## YOUR GOAL
Can you quote exactly the stretch of lines from the one with "IsAscending (by_key_insert k v d)" through the final line of the material, both ends included?

## THE RECORDS
----------------------------------------
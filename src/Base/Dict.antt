-- ===== src/Base/Dict.antt =====
-- Python's `dict` with text keys, as an association list in insertion order: an assignment to a
-- key that is there keeps its place, a new key goes to the end.
pub mod Ascending
use mathlib.Core.Path.{◌≡◌, refl, subst, ap, sym, ◌∙◌}
use mathlib.Core.Logic.{◌≢◌, ◌⊎◌, inl, inr}
use mathlib.Core.Option.{Option, none, some}
use mathlib.Core.List.{List, [], ◌∷◌}
use Prim.Native.String.{String}
use native.Mathlib.Omega.{arith}
use text.Mathlib.Text.{◌==◌}
use text.Mathlib.TextEquality.{eq_iff}
use hermes_mcp_bridge.Base.Tests.{Bool-cases, if◌then◌else◌}
use hermes_mcp_bridge.Base.Counts.{text_le}

abbrev pub Dict {ℓ} : Type ℓ → Type ℓ
Dict V = List (String × V)

module _ {ℓ} {V : Type ℓ} where
  -- d.get(k)
  unfoldable pub get : Dict V → String → Option V
  get [] k = none
  get ((j, v) ∷ m) k = if j == k then some v else get m k

  -- d[k] = v
  unfoldable pub set : Dict V → String → V → Dict V
  set [] k v = (k, v) ∷ []
  set ((j, w) ∷ m) k v = if j == k then (k, v) ∷ m else (j, w) ∷ set m k v

  -- d.pop(k, None)
  unfoldable pub pop : Dict V → String → Dict V
  pop [] k = []
  pop ((j, v) ∷ m) k = let rest = pop m k in if j == k then rest else (j, v) ∷ rest

  pub get-set :
      (d : Dict V) (k j : String) (v : V) → get (set d k v) j ≡ (if k == j then some v else get d j)
  unfolding get set
  get-set [] k j v = refl
  get-set ((i, w) ∷ d) k j v = ground (arith, eq_iff k j, eq_iff i k, eq_iff i j, get-set d k j v)

  pub get-pop : (d : Dict V) (k j : String) → get (pop d k) j ≡ (if k == j then none else get d j)
  unfolding get pop
  get-pop [] k j = ground arith
  get-pop ((i, w) ∷ d) k j = ground (arith, get-pop d k j, eq_iff i k, eq_iff i j, eq_iff k j)

module _ {ℓ} {V : Type ℓ} (d : Dict V) (k : String) where
  pub get-set_self : (v : V) → get (set d k v) k ≡ some v
  get-set_self v = get-set d k k v ∙ ground (arith, eq_iff k k)

  pub get-set_ne : (j : String) (v : V) → k ≢ j → get (set d k v) j ≡ get d j
  get-set_ne j v h = get-set d k j v ∙ ground (arith, eq_iff k j)

  pub get-pop_ne : (j : String) → k ≢ j → get (pop d k) j ≡ get d j
  get-pop_ne j h = get-pop d k j ∙ ground (arith, eq_iff k j)

  -- What is found after an assignment is either the new value or an old one.
  pub get-set_cases :
      (j : String) (v w : V)
      → get (set d k v) j ≡ some w
      → (k ≡ j) × (v ≡ w) ⊎ (k ≢ j) × (get d j ≡ some w)
  get-set_cases j v w h = ground (arith, get-set d k j v, eq_iff k j)

  pub get-pop_cases : (j : String) (w : V) → get (pop d k) j ≡ some w → (k ≢ j) × (get d j ≡ some w)
  get-pop_cases j w h = ground (arith, get-pop d k j, eq_iff k j)

-- No key stands twice.
abbrev pub IsUnique {ℓ} : {V : Type ℓ} → Dict V → Type ℓ
IsUnique [] = Unit
IsUnique ((k, v) ∷ m) = (get m k ≡ none) × IsUnique m

abbrev pub AllItems {ℓ κ} : {V : Type ℓ} → (String → V → Type κ) → Dict V → Type κ
AllItems P [] = Unit
AllItems P ((k, v) ∷ m) = P k v × AllItems P m

module _ {ℓ} {V : Type ℓ} where
  pub set-IsUnique : (d : Dict V) (k : String) (v : V) → IsUnique d → IsUnique (set d k v)
  unfolding set
  set-IsUnique [] k v u = (unfold get in refl, u)
  set-IsUnique ((j, w) ∷ m) k v u = elim (Bool-cases (j == k)) [
    | inl same ↦ rw same (rw ((eq_iff j k).0 same) at u.0, u.1)
    | inr differ ↦ rw differ (
      get-set_ne m k j v (λ e. cc (differ, (eq_iff j k).1 (sym e))) ∙ u.0,
      set-IsUnique m k v u.1,
    )
  ]

  pub pop-IsUnique : (d : Dict V) (k : String) → IsUnique d → IsUnique (pop d k)
  unfolding pop
  pop-IsUnique [] k u = u
  pop-IsUnique ((j, w) ∷ m) k u = elim (Bool-cases (j == k)) [
    | inl same ↦ rw same (pop-IsUnique m k u.1)
    | inr differ ↦
        rw differ
          (get-pop_ne m k j (λ e. cc (differ, (eq_iff j k).1 (sym e))) ∙ u.0, pop-IsUnique m k u.1)
  ]

  AllItems-map {κ μ} :
      {P : String → V → Type κ} {Q : String → V → Type μ} (d : Dict V)
      → ((k : String) (v : V) → P k v → Q k v)
      → AllItems P d
      → AllItems Q d
  AllItems-map [] f a = tt
  AllItems-map ((k, v) ∷ m) f a = (f k v a.0, AllItems-map m f a.1)

  get-cons_ne : (k j : String) (v : V) (m : Dict V) → k ≢ j → get ((k, v) ∷ m) j ≡ get m j
  unfolding get
  get-cons_ne k j v m h = ground (arith, eq_iff k j)

  -- Every item of a dictionary is what its key finds.
  pub items-get : (d : Dict V) → IsUnique d → AllItems (λ k v. get d k ≡ some v) d
  items-get [] u = tt
  items-get ((k, v) ∷ m) u = (
    unfold get in rw ((eq_iff k k).1 refl),
    AllItems-map m (λ j w e. get-cons_ne k j v m (λ same. cc (u.0, ap (get m) same)) ∙ e)
        (items-get m u.1),
  )

  pub set-AllItems {κ} :
      (P : String → V → Type κ) (d : Dict V) (k : String) (v : V)
      → P k v
      → AllItems P d
      → AllItems P (set d k v)
  unfolding set
  set-AllItems P [] k v p a = (p, tt)
  set-AllItems P ((j, w) ∷ m) k v p a = elim (Bool-cases (j == k)) [
    | inl same ↦ rw same (p, a.1)
    | inr differ ↦ rw differ (a.0, set-AllItems P m k v p a.1)
  ]

  pub get-AllItems {κ} :
      (P : String → V → Type κ) (d : Dict V) (k : String) (v : V)
      → AllItems P d
      → get d k ≡ some v
      → P k v
  unfolding get
  get-AllItems P [] k v a h = absurd (cc h)
  get-AllItems P ((j, w) ∷ m) k v a h = elim (Bool-cases (j == k)) [
    | inl same ↦
        let found : w ≡ v = ground (arith, h, same) in
        subst (λ i. P i v) ((eq_iff j k).0 same) (subst (P j) found a.0)
    | inr differ ↦ get-AllItems P m k v a.1 (ground (arith, h, differ))
  ]

-- Python's `sorted` on the items, where no key stands twice.
module _ {ℓ} {V : Type ℓ} where
  by_key_insert : String → V → Dict V → Dict V
  by_key_insert k v [] = (k, v) ∷ []
  by_key_insert k v ((j, w) ∷ d) =
      let rest = by_key_insert k v d in if text_le k j then (k, v) ∷ (j, w) ∷ d else (j, w) ∷ rest

  unfoldable pub by_key : Dict V → Dict V
  unfolding by_key_insert
  by_key [] = []
  by_key ((k, v) ∷ d) = by_key_insert k v (by_key d)

  by_key_insert-AllItems {κ} :
      (P : String → V → Type κ) (k : String) (v : V) (d : Dict V)
      → P k v
      → AllItems P d
      → AllItems P (by_key_insert k v d)
  unfolding by_key_insert
  by_key_insert-AllItems P k v [] p a = (p, tt)
  by_key_insert-AllItems P k v ((j, w) ∷ d) p a = elim (Bool-cases (text_le k j)) [
    | inl before ↦ rw before (p, a)
    | inr after ↦ rw after (a.0, by_key_insert-AllItems P k v d p a.1)
  ]

  pub by_key-AllItems {κ} :
      (P : String → V → Type κ) (d : Dict V) → AllItems P d → AllItems P (by_key d)
  unfolding by_key
  by_key-AllItems P [] a = tt
  by_key-AllItems P ((k, v) ∷ d) a =
      by_key_insert-AllItems P k v (by_key d) a.0 (by_key-AllItems P d a.1)

  get-by_key_insert :
      (k : String) (v : V) (d : Dict V) (i : String)
      → get d k ≡ none
      → get (by_key_insert k v d) i ≡ (if k == i then some v else get d i)
  unfolding get by_key_insert
  get-by_key_insert k v [] i h = refl
  get-by_key_insert k v ((j, w) ∷ d) i h = elim (Bool-cases (text_le k j)) [
    | inl before ↦ rw before refl
    | inr after ↦
        rw after (ground (arith, h, get-by_key_insert k v d i, eq_iff j k, eq_iff k i, eq_iff j i))
  ]

  -- Sorting the items of a dictionary changes no look-up.
  pub get-by_key : (d : Dict V) (i : String) → IsUnique d → get (by_key d) i ≡ get d i
  unfolding get by_key
  get-by_key [] i u = refl
  get-by_key ((k, v) ∷ d) i u =
      get-by_key_insert k v (by_key d) i (get-by_key d k u.1 ∙ u.0)
      ∙ ap (λ o. if k == i then some v else o) (get-by_key d i u.1)

  not_first :
      (k j : String) (w : V) (d : Dict V) → get ((j, w) ∷ d) k ≡ none → (k ≢ j) × (get d k ≡ none)
  unfolding get
  not_first k j w d h = ground (arith, h, eq_iff j k)

  by_key_insert-IsUnique :
      (k : String) (v : V) (d : Dict V)
      → get d k ≡ none
      → IsUnique d
      → IsUnique (by_key_insert k v d)
  unfolding by_key_insert
  by_key_insert-IsUnique k v [] h u = (unfold get in refl, tt)
  by_key_insert-IsUnique k v ((j, w) ∷ d) h u = elim (Bool-cases (text_le k j)) [
    | inl before ↦ rw before (h, u)
    | inr after ↦
        let (distinct, absent) = not_first k j w d h in
        rw after (
          get-by_key_insert k v d j absent ∙ ground (arith, u.0, distinct, eq_iff k j),
          by_key_insert-IsUnique k v d absent u.1,
        )
  ]

  pub by_key-IsUnique : (d : Dict V) → IsUnique d → IsUnique (by_key d)
  unfolding by_key
  by_key-IsUnique [] u = u
  by_key-IsUnique ((k, v) ∷ d) u =
      by_key_insert-IsUnique k v (by_key d) (get-by_key d k u.1 ∙ u.0) (by_key-IsUnique d u.1)

pub ruleset dict_laws = (get-set, get-pop)
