-- ===== src/Base/Dict/Ascending.antt =====
-- Python's `sorted` on the items of a dictionary, a second time.
use Prim.Native.Nat.compare as compare_ℕ
use Prim.Native.Nat.{ℕ, zero, suc, Ordering, compare as compare_ℕ}
use Prim.Native.Char.{code}
use Prim.Native.String.compare
use Prim.Native.String.{String, [], ◌∷◌, compare, then as and_then}
use mathlib.Core.Path.{◌≡◌, refl, ap, sym, ◌∙◌}
use mathlib.Core.Logic.{inl, inr}
use mathlib.Core.Bool.{Bool, true, false}
use mathlib.Core.List.{[] as nil, ◌∷◌ as ◌::◌}
use native.Mathlib.Omega.{arith}
use hermes_mcp_bridge.Base.Tests.{Bool-cases}
use hermes_mcp_bridge.Base.Counts.{text_le}
use hermes_mcp_bridge.Base.Dict.{Dict, by_key, by_key_insert}

abbrev flip : Ordering → Ordering
flip Ordering.lt = Ordering.gt
flip Ordering.eq = Ordering.eq
flip Ordering.gt = Ordering.lt

flip-compare_ℕ : (m n : ℕ) → compare_ℕ n m ≡ flip (compare_ℕ m n)
flip-compare_ℕ zero zero = compare_ℕ.zero-zero ∙ sym (ap flip compare_ℕ.zero-zero)
flip-compare_ℕ zero (suc n) = compare_ℕ.suc-zero n ∙ sym (ap flip (compare_ℕ.zero-suc n))
flip-compare_ℕ (suc m) zero = compare_ℕ.zero-suc m ∙ sym (ap flip (compare_ℕ.suc-zero m))
flip-compare_ℕ (suc m) (suc n) =
    compare_ℕ.suc-suc n m ∙ flip-compare_ℕ m n ∙ sym (ap flip (compare_ℕ.suc-suc m n))

flip-and_then : (a b : Ordering) → flip (and_then a b) ≡ and_then (flip a) (flip b)
flip-and_then Ordering.lt b = refl
flip-and_then Ordering.eq b = refl
flip-and_then Ordering.gt b = refl

flip-compare : (s t : String) → compare t s ≡ flip (compare s t)
flip-compare [] [] = compare.nil-nil ∙ sym (ap flip compare.nil-nil)
flip-compare [] (d ∷ t) = compare.cons-nil d t ∙ sym (ap flip (compare.nil-cons d t))
flip-compare (c ∷ s) [] = compare.nil-cons c s ∙ sym (ap flip (compare.cons-nil c s))
flip-compare (c ∷ s) (d ∷ t) =
    compare.cons-cons d c t s
    ∙ ap (λ o. and_then o (compare t s)) (flip-compare_ℕ (code c) (code d))
    ∙ ap (and_then (flip (compare_ℕ (code c) (code d)))) (flip-compare s t)
    ∙ sym (flip-and_then (compare_ℕ (code c) (code d)) (compare s t))
    ∙ sym (ap flip (compare.cons-cons c d s t))

abbrev no_gt : Ordering → Bool
no_gt Ordering.lt = true
no_gt Ordering.eq = true
no_gt Ordering.gt = false

no_gt-flip : (o : Ordering) → no_gt o ≡ false → no_gt (flip o) ≡ true
no_gt-flip Ordering.lt h = absurd (cc h)
no_gt-flip Ordering.eq h = refl
no_gt-flip Ordering.gt h = refl

of_compare : (a b : String) → text_le a b ≡ no_gt (compare a b)
of_compare a b = ground arith

text_le_total : (a b : String) → text_le a b ≡ false → text_le b a ≡ true
text_le_total a b h =
    of_compare b a
    ∙ ap no_gt (flip-compare a b)
    ∙ no_gt-flip (compare a b) (sym (of_compare a b) ∙ h)

module _ {ℓ} {V : Type ℓ} where
  abbrev IsFirst : String → Dict V → Type 0
  IsFirst k nil = Unit {0}
  IsFirst k ((j, w) :: d) = text_le k j ≡ true

  abbrev IsAscending : Dict V → Type 0
  IsAscending nil = Unit {0}
  IsAscending ((k, v) :: d) = IsFirst k d × IsAscending d

  insert-IsFirst :
      (i k : String) (v : V) (d : Dict V)
      → text_le i k ≡ true
      → IsFirst i d
      → IsFirst i (by_key_insert k v d)
  unfolding by_key_insert
  insert-IsFirst i k v nil le h = le
  insert-IsFirst i k v ((j, w) :: d) le h = elim (Bool-cases (text_le k j)) [
    | inl before ↦ rw before le
    | inr after ↦ rw after h
  ]

  insert-IsAscending :
      (k : String) (v : V) (d : Dict V) → IsAscending d → IsAscending (by_key_insert k v d)
  unfolding by_key_insert
  insert-IsAscending k v nil a = (tt, tt)
  insert-IsAscending k v ((j, w) :: d) a = elim (Bool-cases (text_le k j)) [
    | inl before ↦ rw before (before, a)
    | inr after ↦
        rw after
          (insert-IsFirst j k v d (text_le_total k j after) a.0, insert-IsAscending k v d a.1)
  ]

  by_key-IsAscending : (d : Dict V) → IsAscending (by_key d)
  unfolding by_key
  by_key-IsAscending nil = tt
  by_key-IsAscending ((k, v) :: d) = insert-IsAscending k v (by_key d) (by_key-IsAscending d)

  insert_first : (k : String) (v : V) (d : Dict V) → IsFirst k d → by_key_insert k v d ≡ (k, v) :: d
  unfolding by_key_insert
  insert_first k v nil h = refl
  insert_first k v ((j, w) :: d) h = rw h refl

  by_key_lem : (d : Dict V) → IsAscending d → by_key d ≡ d
  unfolding by_key
  by_key_lem nil a = refl
  by_key_lem ((k, v) :: d) a = ap (by_key_insert k v) (by_key_lem d a.1) ∙ insert_first k v d a.0

  -- What is sorted stays as it is.
  pub by_key-by_key : (d : Dict V) → by_key (by_key d) ≡ by_key d
  by_key-by_key d = by_key_lem (by_key d) (by_key-IsAscending d)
----------------------------------------
## RESPONSE
      (k : String) (v : V) (d : Dict V) → IsAscending d → IsAscending (by_key_insert k v d)
  unfolding by_key_insert
  insert-IsAscending k v nil a = (tt, tt)
  insert-IsAscending k v ((j, w) :: d) a = elim (Bool-cases (text_le k j)) [
    | inl before ↦ rw before (before, a)
    | inr after ↦
        rw after
          (insert-IsFirst j k v d (text_le_total k j after) a.0, insert-IsAscending k v d a.1)
  ]

  by_key-IsAscending : (d : Dict V) → IsAscending (by_key d)
  unfolding by_key
  by_key-IsAscending nil = tt
  by_key-IsAscending ((k, v) :: d) = insert-IsAscending k v (by_key d) (by_key-IsAscending d)

  insert_first : (k : String) (v : V) (d : Dict V) → IsFirst k d → by_key_insert k v d ≡ (k, v) :: d
  unfolding by_key_insert
  insert_first k v nil h = refl
  insert_first k v ((j, w) :: d) h = rw h refl

  by_key_lem : (d : Dict V) → IsAscending d → by_key d ≡ d
  unfolding by_key
  by_key_lem nil a = refl
  by_key_lem ((k, v) :: d) a = ap (by_key_insert k v) (by_key_lem d a.1) ∙ insert_first k v d a.0

  -- What is sorted stays as it is.
  pub by_key-by_key : (d : Dict V) → by_key (by_key d) ≡ by_key d
  by_key-by_key d = by_key_lem (by_key d) (by_key-IsAscending d)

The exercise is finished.